Since 1 April 2019 two new resident status categories for foreign nationals have been in place. The first of these new resident categories is the specified skills 1 category. It covers individuals who have a substantial degree of knowledge or skill in the 14 initial industrial fields that require additional labour (eg, the construction, caregiving, agriculture, fisheries, food services and car maintenance industries). The second, the specified skills 2 category, covers individuals who have sufficient skills in the specified industrial fields.(1)
These two categories were established in order to cope with Japan's labour shortage. Under the specified skills 1 category, a foreign national may stay in Japan for up to five years but may not stay with their family members. Under the specified skills 2 category, a foreign national may stay with their family members indefinitely, subject to certain conditions.

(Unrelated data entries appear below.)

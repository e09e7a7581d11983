-- ===== src/Sanitizer/Tests.antt =====
-- apps/api/src/modules/shares/share-payload-sanitizer.ts: the results at concrete payloads.
use soroban_dev_console.Shared.{ℕ, ◌≡◌, refl, true, false, [], ◌∷◌, arith}
use soroban_dev_console.Sanitizer.{
  Json, scalar, literal, array, object, nil, cons, end, field, is_sensitive_key, dashed, add, join,
  walk, sanitize_snapshot_payload,
}
use soroban_dev_console.Sanitizer.Redaction.{height, IsClean, sanitize_snapshot_payload-IsClean}

-- The texts of these payloads are in lower case, and at most one key of each is detected.
abbrev same {ℓ} : {A : Type ℓ} → A → A
same x = x

abbrev secret : Json ℕ
secret = object (field "rpc_secret" (literal "s3") end)

abbrev payload : Json ℕ
payload =
    object (
      field "calls" (array (cons secret (cons (scalar 3) nil))) (field "name" (literal "demo") end))

abbrev plain : Json ℕ
plain = object (field "name" (literal "demo") end)

is_sensitive_key-true : is_sensitive_key same "rpc_secret" ≡ true
unfolding is_sensitive_key dashed
is_sensitive_key-true = refl

-- The key `accessToken` in lower case.
is_sensitive_key_access_token : is_sensitive_key same "accesstoken" ≡ false
unfolding is_sensitive_key dashed
is_sensitive_key_access_token = refl

detected_keys :
    (sanitize_snapshot_payload same same payload).detected_sensitive_keys ≡ "calls.rpc_secret" ∷ []
unfolding sanitize_snapshot_payload walk is_sensitive_key dashed add join
detected_keys = refl

sanitize_snapshot_payload-IsClean_example :
    IsClean same (sanitize_snapshot_payload same same payload).snapshot
unfolding height
sanitize_snapshot_payload-IsClean_example =
    sanitize_snapshot_payload-IsClean same same payload (omega arith)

An employer that employs a foreign national under either resident category must enter into an employment contract with the foreign national and the conditions therein must meet the requirements specified by the Ministry of Justice's ordinance, which includes, for example, a prohibition against discriminatory treatment of foreign nationals. An employer must perform its obligations under the employment contract and implement a support plan for the foreign national in order to help them in their occupational, daily or social life, in accordance with the requirements specified by the Ministry of Justice's ordinance. This obligation includes helping the foreign national to communicate with Japanese individuals and find new work under the same resident status if their employment contract is terminated through no fault of their own.(2) If the employer entrusts a registered support organisation to implement a support plan in its entirety, the employer will be deemed to have implemented it.
Foreign nationals shall, as a rule, enter and reside in Japan subject to the resident status determined on landing at a port of entry or obtaining permission to acquire or change their resident status.(3) The scope of the activities in which a foreign national residing in Japan may engage is limited by their resident status.(4) They are prohibited from engaging in any activities involving the management of a business for profit or the receipt of remuneration (ie, business activities) other than those permitted under their resident status. If they are found to be engaging in business activities outside the scope of their resident status without permission, they may face severe punishment or deportation.(5)
Before the introduction of the specified skills categories, only professionals (eg, investors, business managers, legal and accounting services, medical services, researchers, instructors, engineers, specialists in humanities and international services, inter-company transferees, entertainers and skilled labourers) can conduct business activities. Although trainees and students who obtain special permission can exceptionally conduct simple physical labour, there are many reports of trainees who are forced to work overtime or for low pay in violation of Japan's laws.
The introduction of the specified skills categories is expected to mitigate the labour shortage in the 14 initial industrial fields and improve the employment environment for foreign nationals by strictly requiring that a support plan be implemented.